REQUIRED ACTION:
Please keep to the lines below from the one with "-- all earlier" through the one with "-- ===== src/Port/Trace.antt", and restate them word for word, ends included.

Stored data
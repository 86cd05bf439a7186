-- ===== src/Port.antt =====
-- internal/core/port: what the core services need from outside and what they are asked for.
--
-- A driven adapter (a repository, Temporal, the session's tenant setting) is a parameter: a record of
-- functions that answer a call, given everything that was called before. So an answer may depend on
-- all earlier calls, and a theorem about every such record holds for every adapter, failing or not.
-- The history is the newest call first, and it keeps of each write whether it succeeded.
pub mod Inputs
pub mod Call
pub mod Action
pub mod Trace
pub mod After
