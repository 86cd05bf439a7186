-- ===== src/Port/Trace.antt =====
-- What a history shows: the audit records that were written, and the other writes.
use orchestrix_api.Common.{◌≡◌, ap, Bool, true, false, List, [], ◌∷◌}
use orchestrix_api.Domain.Audit.{AuditLog}
use orchestrix_api.Domain.Alert.{Alert}
use orchestrix_api.Port.Call.{
  Call, History, save_audit_log, save_alert, read, set_tenant_context, spawn,
}

-- The audit records that the services asked to be written, the newest first.
abbrev pub audit_trail : History → List AuditLog
audit_trail [] = []
audit_trail (save_audit_log log done ∷ h) = log ∷ audit_trail h
audit_trail (_ ∷ h) = audit_trail h

-- A call that changes what an adapter stores or runs, other than the audit log.
abbrev pub is_write : Call → Bool
is_write (set_tenant_context t) = false
is_write (read what) = false
is_write (save_audit_log log done) = false
is_write (spawn task) = false
is_write _ = true

abbrev pub writes : History → List Call
writes [] = []
writes (c ∷ h) = let rest = writes h in elim (is_write c) [ true ↦ c ∷ rest | false ↦ rest ]

-- The alerts that the services asked to be saved, the newest first.
abbrev pub alerts_in : List Call → List Alert
alerts_in [] = []
alerts_in (save_alert a done ∷ cs) = a ∷ alerts_in cs
alerts_in (_ ∷ cs) = alerts_in cs

abbrev pub alert_saves : History → List Alert
alert_saves h = alerts_in (writes h)

-- One more call in front of equal lists.
pub cons_eq : (c : Call) {l m : List Call} → l ≡ m → c ∷ l ≡ c ∷ m
cons_eq c e = ap (λ k. c ∷ k) e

OUTPUT FOR THIS EXERCISE:
-- all earlier calls, and a theorem about every such record holds for every adapter, failing or not.
-- The history is the newest call first, and it keeps of each write whether it succeeded.
pub mod Inputs
pub mod Call
pub mod Action
pub mod Trace
pub mod After
repository 86cd05bf439a7186
-- ===== src/Port/Trace.antt =====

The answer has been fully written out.